How to prevent colds from ever occurring is never done but how to lessen the colds one gets each year is within reach of most of us. Accomplishing this is keeping yourself and your immune system in good shape and washing your hand often and washing them well. This advice is for both colds and influenza.
Both are upper respiratory infections cause by a virus from being in close contact with someone who harbors the virus. All they have to do is to sneeze and the viruses leave their nasal passage and land in the air that you breathe. In other words they were rejected by the other fellow’s nose by the sneeze.
(A sneeze is the body’s first defense against invading organisms. Here’s how it works: a virus or some other foreign agent attempts to get a passageway into a body. The little hairs that line the inside of an nose, the antennae, sends a message to the immune system asking for permission to let them in or throw them out. Their password doesn’t match those on file and they get thrown out.)
Well, something like that happens. Anyway they try again. Some escape past the gate keepers and hatch into a full blown cold or flue about 24 hours later in your nose and in your throat. You in turn sneeze out your germs and the hobo germ crew tries again. This time it could be your children, your mother, the clerk at the grocery store who checked you out yesterday at the store, who gets to be a germ hatchery for a week or so.
One powerful sneeze can spew these viruses nine or ten feet. They land on table tops, others’ clothes, everywhere. It is a good advice to wipe surfaces down often with an antiseptic solution when someone in a family has a cold. This may be a preventative for the other members. Too, carry hand wipes when away from home to keep hands reasonably clean.

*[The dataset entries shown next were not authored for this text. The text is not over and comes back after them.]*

-- ===== src/Simple.antt =====
-- `InerySimpleKVCache` of persistence/dbaccess.h: a cache of the single value of a prefix.
pub mod View
pub mod Reads
pub mod Writes
pub mod Undo
pub mod Flush
use inery_persistent_memory.Base.{
  ℕ, Bool, true, false, Option, none, some, List, [], ◌∷◌, if◌then◌else◌,
}
use inery_persistent_memory.Serialize.{Codec, ValueOps, make_empty_value}
use inery_persistent_memory.DbConf.Prefix.{PrefixType}
use inery_persistent_memory.LevelDb.{LevelDb}
use inery_persistent_memory.LevelDb.Wrapper.{
  Outcome, ok, throws, stream_failure, assertion_failed, Lookup, found, absent, failed,
}
use inery_persistent_memory.LevelDb.Access.{get_single, write_single}
use inery_persistent_memory.OpLog.{
  DbOpLog, DbOpLogs, OpLogMap, set_log_value, get_log_value, add_op_log,
}
use inery_persistent_memory.Composite.{visible}

-- The object with `ptrData`, and what is below it: nothing, the database, or the base.
pub data SimpleCache (V D : Type 0) : Type 0 where
  simple_detached : Option V → SimpleCache V D
  simple_on_db : Option V → D → SimpleCache V D
  simple_on_base : Option V → SimpleCache V D → SimpleCache V D

-- A cache and the log map that `SetDbOpLogMap` gave it.
pub record SimpleSession (V D : Type 0) : Type 0 where
  pub cache : SimpleCache V D
  pub op_log_map : Option OpLogMap

module _ {V D : Type 0} where
  abbrev pub ptr_data : SimpleCache V D → Option V
  ptr_data (simple_detached o) = o
  ptr_data (simple_on_db o d) = o
  ptr_data (simple_on_base o c) = o

  -- ptrData = o
  abbrev pub with_data : Option V → SimpleCache V D → SimpleCache V D
  with_data o (simple_detached _) = simple_detached o
  with_data o (simple_on_db _ d) = simple_on_db o d
  with_data o (simple_on_base _ c) = simple_on_base o c

  -- a copy of what was found below is kept
  unfoldable pub keep_data : Lookup V → SimpleCache V D → Lookup V × SimpleCache V D
  keep_data (found v) c = (found v, with_data (some v) c)
  keep_data absent c = (absent, c)
  keep_data (failed e) c = (failed e, c)

-- the assertion on a value that the database returned
abbrev pub assert_not_empty : {V : Type 0} ⦃vo : ValueOps V⦄ → Lookup V → Lookup V
assert_not_empty ⦃vo⦄ (found v) = if vo.is_empty v then failed assertion_failed else found v
assert_not_empty absent = absent
assert_not_empty (failed e) = failed e

unfoldable pub simple_cache_size : {V D : Type 0} ⦃vc : Codec V⦄ → SimpleCache V D → ℕ
simple_cache_size ⦃vc⦄ c = elim (ptr_data c) [ none ↦ 0 | some v ↦ vc.serialize_size v ]

-- `*ptrData` after it was set to an empty value if it was null
abbrev pub old_or_empty : {V : Type 0} ⦃vo : ValueOps V⦄ → Option V → V
old_or_empty none = make_empty_value
old_or_empty (some v) = v

-- AddOpLog
unfoldable pub log_old_single :
    {V : Type 0} ⦃vc : Codec V⦄ → PrefixType → V → Option OpLogMap → Option OpLogMap
log_old_single p old none = none
log_old_single p old (some m) = some (add_op_log p (set_log_value old) m)

module _ {V D : Type 0} ⦃vo : ValueOps V⦄ ⦃vc : Codec V⦄ ⦃ldb : LevelDb D⦄ (p : PrefixType) where
  -- GetDataPtr
  unfoldable pub get_data_ptr : SimpleCache V D → Lookup V × SimpleCache V D
  get_data_ptr (simple_detached (some v)) = (found v, simple_detached (some v))
  get_data_ptr (simple_detached none) = (absent, simple_detached none)
  get_data_ptr (simple_on_db (some v) d) = (found v, simple_on_db (some v) d)
  get_data_ptr (simple_on_db none d) =
      keep_data (assert_not_empty (get_single p d)) (simple_on_db none d)
  get_data_ptr (simple_on_base (some v) c) = (found v, simple_on_base (some v) c)
  get_data_ptr (simple_on_base none c) =
      let (r, c') = get_data_ptr c in keep_data r (simple_on_base none c')

  -- GetData
  unfoldable pub simple_get_data : SimpleCache V D → Lookup V × SimpleCache V D
  simple_get_data c = let (r, c') = get_data_ptr c in (visible r, c')

  -- HasData
  unfoldable pub simple_has_data : SimpleCache V D → Outcome Bool × SimpleCache V D
  simple_has_data c =
      let (r, c') = get_data_ptr c in
      (elim (visible r) [ found _ ↦ ok true | absent ↦ ok false | failed e ↦ throws e ], c')

  -- `SetData` after `GetDataPtr`, which throws in the failed case
  unfoldable pub simple_set_found :
      V → Lookup V → SimpleSession V D → Outcome Bool × SimpleSession V D
  simple_set_found v (failed e) s = (throws e, s)
  simple_set_found v _ s = (
    ok true,
    record {
      cache = with_data (some v) s.cache;
      op_log_map = log_old_single p (old_or_empty (ptr_data s.cache)) s.op_log_map;
    },
  )

  -- SetData
  unfoldable pub simple_set_data : V → SimpleSession V D → Outcome Bool × SimpleSession V D
  simple_set_data v s =
      let (r, c') = get_data_ptr s.cache in simple_set_found v r (record s { cache = c' })

  unfoldable pub simple_erase_found :
      Lookup V → SimpleSession V D → Outcome Bool × SimpleSession V D
  simple_erase_found (found old) s = (
    ok true,
    if vo.is_empty old then s else record {
      cache = with_data (some (vo.set_empty old)) s.cache;
      op_log_map = log_old_single p old s.op_log_map;
    },
  )
  simple_erase_found absent s = (ok true, s)
  simple_erase_found (failed e) s = (throws e, s)

  -- EraseData
  unfoldable pub simple_erase_data : SimpleSession V D → Outcome Bool × SimpleSession V D
  simple_erase_data s =
      let (r, c') = get_data_ptr s.cache in simple_erase_found r (record s { cache = c' })

  -- Flush; a database that cannot be written throws before `ptrData` is reset
  unfoldable pub simple_flush : SimpleCache V D → Outcome (SimpleCache V D)
  simple_flush (simple_detached o) = throws assertion_failed
  simple_flush (simple_on_db none d) = ok (simple_on_db none d)
  simple_flush (simple_on_db (some v) d) =
      let (out, d') = write_single p v d in
      elim out [ ok _ ↦ ok (simple_on_db none d') | throws e ↦ throws e ]
  simple_flush (simple_on_base none c) = ok (simple_on_base none c)
  simple_flush (simple_on_base (some v) c) = ok (simple_on_base none (with_data (some v) c))

module _ {V D : Type 0} ⦃vc : Codec V⦄ where
  -- UndoData
  unfoldable pub simple_undo_data : DbOpLog → SimpleCache V D → Outcome (SimpleCache V D)
  simple_undo_data log c = elim (get_log_value {V = V} log) [
    | none ↦ throws stream_failure
    | some v ↦ ok (with_data (some v) c)
  ]

  -- UndoDataList: the last log is undone first
  unfoldable pub simple_undo_data_list : DbOpLogs → SimpleCache V D → Outcome (SimpleCache V D)
  simple_undo_data_list [] c = ok c
  simple_undo_data_list (log ∷ logs) c = elim (simple_undo_data_list logs c) [
    | ok c' ↦ simple_undo_data log c'
    | throws e ↦ throws e
  ]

Hands should never be around your face unless they are freshly washed. I have no clue as to how you can tell this to a teething baby who slobbers all over himself and mom and all the toys. I suppose instead you frequently wipe his nose and wash his hands and try to keep his toys as clean as possible.

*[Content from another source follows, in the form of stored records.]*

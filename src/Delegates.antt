-- ===== src/Delegates.antt =====
-- persistence/delegatedb.h and .cpp: `IneryDelegateDBCache`, the votes for delegates and who is active.
pub mod Top
pub mod Votes
pub mod Active
use inery_persistent_memory.Base.{
  ℕ, zero, suc, ◌+◌, ◌-◌, ◌≤◌, ◌≡◌, Bool, true, false, not, ◌&&◌, Option, none, some, List, [], ◌∷◌,
  if◌then◌else◌, Bytes, ltb, bytes_eq,
}
use inery_persistent_memory.StdMap.{KeyOps, put_at}
use inery_persistent_memory.Serialize.{Codec, ValueOps}
use inery_persistent_memory.DbUtil.{uint_value, list_value}
use inery_persistent_memory.DbUtil.KeyOrder.{uint_key, pair_key}
use inery_persistent_memory.OpLog.{bytes_key}
use inery_persistent_memory.DbConf.Prefix.{
  vote, regid_vote, last_vote_height, pending_delegates, active_delegates,
}
use inery_persistent_memory.LevelDb.{LevelDb}
use inery_persistent_memory.LevelDb.Wrapper.{
  Outcome, ok, throws, Lookup, found, absent, failed, out_of_fuel, delegate_num_error,
}
use inery_persistent_memory.Composite.{Cache, Session, set_data, erase_data, cache_get_data}
use inery_persistent_memory.Simple.{
  SimpleCache, SimpleSession, assert_not_empty, simple_get_data, simple_set_data,
}
use inery_persistent_memory.DbIterator.{LevelDbEntries, Iterator, ◌>>=◌}
use inery_persistent_memory.DbIterator.Chain.{AnyIterator, create}

abbrev pub ulong_max : ℕ
ulong_max = 18446744073709551615

-- `IneryRegID` of objects/id.h: its raw bytes, from which it is read back, and when it is empty.
pub record RegIdOps (R : Type 0) : Type 0 where
  pub is_empty : R → Bool
  pub get_reg_id_raw : R → Bytes
  pub of_raw : Bytes → R
  pub of_raw-get_reg_id_raw : (r : R) → of_raw (get_reg_id_raw r) ≡ r

-- VoteDelegate
pub record VoteDelegate (R : Type 0) : Type 0 where
  pub regid : R
  pub votes : ℕ

-- the keys of `voteRegIdCache`
abbrev pub VoteKey : Type 0
VoteKey = ℕ × Bytes

-- DelegateVoteToKey and DelegateVoteFromKey, of a uint64_t
unfoldable pub delegate_vote_to_key : ℕ → ℕ
delegate_vote_to_key votes = ulong_max - votes

unfoldable pub delegate_vote_from_key : ℕ → ℕ
delegate_vote_from_key key = ulong_max - key

module _ {R : Type 0} ⦃ro : RegIdOps R⦄ where
  -- GetVote and GetRegId of the iterator
  unfoldable pub delegate_of : VoteKey → VoteDelegate R
  delegate_of k = record { regid = ro.of_raw k.1; votes = delegate_vote_from_key k.0 }

  -- the key of a regid with its votes
  unfoldable pub vote_key : R → ℕ → VoteKey
  vote_key r votes = (delegate_vote_to_key votes, ro.get_reg_id_raw r)

module _ {R S : Type 0} ⦃ro : RegIdOps R⦄ (it : Iterator VoteKey ℕ S) (vote_min : ℕ)
    (is_r3_fork : Bool) where
  -- The loop of `GetTopVoteDelegates`, with the number of delegates that are still wanted: a turn
  -- adds one, or leaves the loop.
  unfoldable pub top_loop : ℕ → S → Outcome (List (VoteDelegate R))
  top_loop zero s = ok []
  top_loop (suc n) s = elim (it.current s) [
    | none ↦ ok []
    | some x ↦
        let d : VoteDelegate R = delegate_of x.0 in
        if is_r3_fork && ltb d.votes vote_min
        then ok []
        else (it.next s >>= λ s'. top_loop n s' >>= λ rest. ok (d ∷ rest))
  ]

abbrev pub not_empty : {A : Type 0} → List A → Bool
not_empty [] = false
not_empty (x ∷ xs) = true

module _ {R : Type 0} ⦃ro : RegIdOps R⦄ where
  -- GetTopVoteDelegates over an iterator: false where there is none
  unfoldable pub top_of_iterator :
      AnyIterator VoteKey ℕ → ℕ → ℕ → Bool → Outcome (Bool × List (VoteDelegate R))
  top_of_iterator it delegate_num vote_min is_r3_fork = it.calls.first it.start >>= λ s.
      top_loop it.calls vote_min is_r3_fork delegate_num s >>= λ tops. ok (not_empty tops, tops)

module _ {R D : Type 0} ⦃ro : RegIdOps R⦄ ⦃kc : Codec VoteKey⦄ ⦃vc : Codec ℕ⦄ ⦃ldb : LevelDb D⦄
    ⦃le : LevelDbEntries D⦄ where
  -- GetTopVoteDelegates; a cache over no database has no iterator
  unfoldable pub get_top_vote_delegates :
      ℕ → ℕ → ℕ → Bool → Cache VoteKey ℕ D → Option (Outcome (Bool × List (VoteDelegate R)))
  get_top_vote_delegates fuel delegate_num vote_min is_r3_fork c = elim (create fuel vote c) [
    | none ↦ none
    | some it ↦ some (top_of_iterator it delegate_num vote_min is_r3_fork)
  ]

module _ {R D : Type 0} ⦃ro : RegIdOps R⦄ ⦃kc : Codec VoteKey⦄ ⦃vc : Codec ℕ⦄
    ⦃ldb : LevelDb D⦄ where
  -- SetDelegateVotes; the votes of an empty regid are ignored
  unfoldable pub set_delegate_votes :
      R → ℕ → Session VoteKey ℕ D → Outcome Bool × Session VoteKey ℕ D
  set_delegate_votes r votes s =
      if ro.is_empty r then (ok true, s) else set_data vote (vote_key r votes) 1 s

  -- EraseDelegateVotes
  unfoldable pub erase_delegate_votes :
      R → ℕ → Session VoteKey ℕ D → Outcome Bool × Session VoteKey ℕ D
  erase_delegate_votes r votes s =
      if ro.is_empty r then (ok true, s) else erase_data vote (vote_key r votes) s

module _ {D : Type 0} ⦃vc : Codec ℕ⦄ ⦃ldb : LevelDb D⦄ where
  -- GetLastVoteHeight, and 0 where there is none; an int32_t is its 32 bits
  unfoldable pub get_last_vote_height : SimpleCache ℕ D → Outcome ℕ × SimpleCache ℕ D
  get_last_vote_height c =
      let (r, c') = simple_get_data last_vote_height c in
      (elim r [ found h ↦ ok h | absent ↦ ok 0 | failed e ↦ throws e ], c')

  -- SetLastVoteHeight
  unfoldable pub set_last_vote_height : ℕ → SimpleSession ℕ D → Outcome Bool × SimpleSession ℕ D
  set_last_vote_height height s = simple_set_data last_vote_height height s

module _ {A D : Type 0} ⦃vo : ValueOps A⦄ ⦃vc : Codec A⦄ ⦃ldb : LevelDb D⦄ where
  -- GetPendingDelegates and SetPendingDelegates
  unfoldable pub get_pending_delegates : SimpleCache A D → Lookup A × SimpleCache A D
  get_pending_delegates c = simple_get_data pending_delegates c

  unfoldable pub set_pending_delegates : A → SimpleSession A D → Outcome Bool × SimpleSession A D
  set_pending_delegates v s = simple_set_data pending_delegates v s

module _ {R : Type 0} where
  -- std::find_if in `GetActiveDelegate`
  unfoldable pub find_delegate :
      (R → R → Bool) → R → List (VoteDelegate R) → Option (VoteDelegate R)
  find_delegate eq r [] = none
  find_delegate eq r (d ∷ delegates) = if eq d.regid r then some d else find_delegate eq r delegates

abbrev pub number_of : {A : Type 0} → List A → ℕ
number_of [] = 0
number_of (x ∷ xs) = suc (number_of xs)

module _ {R D : Type 0} ⦃vc : Codec (List (VoteDelegate R))⦄ ⦃ldb : LevelDb D⦄ where
  -- GetActiveDelegates, with its assertion
  unfoldable pub get_active_delegates :
      SimpleCache (List (VoteDelegate R)) D
      → Lookup (List (VoteDelegate R)) × SimpleCache (List (VoteDelegate R)) D
  get_active_delegates c =
      let (r, c') = simple_get_data active_delegates c in (assert_not_empty r, c')

  -- SetActiveDelegates
  unfoldable pub set_active_delegates :
      List (VoteDelegate R)
      → SimpleSession (List (VoteDelegate R)) D
      → Outcome Bool × SimpleSession (List (VoteDelegate R)) D
  set_active_delegates v s = simple_set_data active_delegates v s

  -- GetActivedDelegateNum; without active delegates it throws
  unfoldable pub get_actived_delegate_num :
      SimpleCache (List (VoteDelegate R)) D → Outcome ℕ × SimpleCache (List (VoteDelegate R)) D
  get_actived_delegate_num c =
      let (r, c') = get_active_delegates c in
      (
        elim r [
          | found v ↦ ok (number_of v)
          | absent ↦ throws delegate_num_error
          | failed e ↦ throws e
        ],
        c',
      )

  -- GetActiveDelegate, with `operator==` of regids
  unfoldable pub get_active_delegate :
      (R → R → Bool)
      → R
      → SimpleCache (List (VoteDelegate R)) D
      → Lookup (VoteDelegate R) × SimpleCache (List (VoteDelegate R)) D
  get_active_delegate eq r c =
      let (l, c') = get_active_delegates c in
      (
        elim l [
          | found v ↦ elim (find_delegate eq r v) [ none ↦ absent | some d ↦ found d ]
          | absent ↦ absent
          | failed e ↦ failed e
        ],
        c',
      )

  -- IsActiveDelegate
  unfoldable pub is_active_delegate :
      (R → R → Bool)
      → R
      → SimpleCache (List (VoteDelegate R)) D
      → Outcome Bool × SimpleCache (List (VoteDelegate R)) D
  is_active_delegate eq r c =
      let (l, c') = get_active_delegate eq r c in
      (elim l [ found _ ↦ ok true | absent ↦ ok false | failed e ↦ throws e ], c')

module _ {K V D : Type 0} ⦃ko : KeyOps K⦄ ⦃vo : ValueOps V⦄ ⦃kc : Codec K⦄ ⦃vc : Codec V⦄
    ⦃ldb : LevelDb D⦄ where
  -- SetCandidateVotes and GetCandidateVotes
  unfoldable pub set_candidate_votes : K → V → Session K V D → Outcome Bool × Session K V D
  set_candidate_votes r votes s = set_data regid_vote r votes s

  unfoldable pub get_candidate_votes : K → Cache K V D → Lookup V × Cache K V D
  get_candidate_votes r c = cache_get_data regid_vote r c

module _ {K V S : Type 0} ⦃ko : KeyOps K⦄ (it : Iterator K V S) where
  -- the loop of `GetVoterList`
  unfoldable pub voters_loop : ℕ → S → List (K × V) → Outcome (List (K × V))
  voters_loop zero s m = throws out_of_fuel
  voters_loop (suc n) s m = elim (it.current s) [
    | none ↦ ok m
    | some x ↦ it.next s >>= λ s'. voters_loop n s' (put_at x.0 x.1 m)
  ]

module _ {K V D : Type 0} ⦃ko : KeyOps K⦄ ⦃vo : ValueOps V⦄ ⦃kc : Codec K⦄ ⦃vc : Codec V⦄
    ⦃le : LevelDbEntries D⦄ where
  -- GetVoterList
  unfoldable pub get_voter_list : ℕ → Cache K V D → List (K × V) → Option (Outcome (List (K × V)))
  get_voter_list fuel c voters = elim (create fuel regid_vote c) [
    | none ↦ none
    | some it ↦ some (it.calls.first it.start >>= λ s. voters_loop it.calls fuel s voters)
  ]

Children this young may still have some of their natural immunity, especially if they are breast fed, and will sail through a family illness without even getting a cold. I have seen it happen. Although the reverse can also happen.
The nesting site for these viruses is the soft mucus lining of the upper respiratory system. These become red and swollen. In a person with a healthy immune system a cold will leave the body with protective antibodies (weapons against the same type of cold) against suffering another such fate possibly for the rest of the cold season.
If this is so, why then do some people have three or four colds in the cold and flu season which typically are in the fall, winter, and early spring months? This happens because there are so many different strains of viruses. They seem to be constantly changing or maybe medical science is keener and is now able to detect them; or both could be the reason.
Cold in themselves may not do too much damage, but complications from colds can be serious. The damaged mucus membranes and the weakened immune system may permit more serious ailments such as pneumonia, ear infections, and sinusitis. These may need antibiotics and even may lead to hospitalization.
Actually, a cold aggravates whatever other chronic condition the body has. Asthmatics are especially hit hard when a cold or flu downs them. The usual bodily mechanisms for dealing with these other bodily ailments have had to work overtime when a cold or flu strikes. It is similar to a mother being down with the flu having to care for another family member recuperating from some other illness.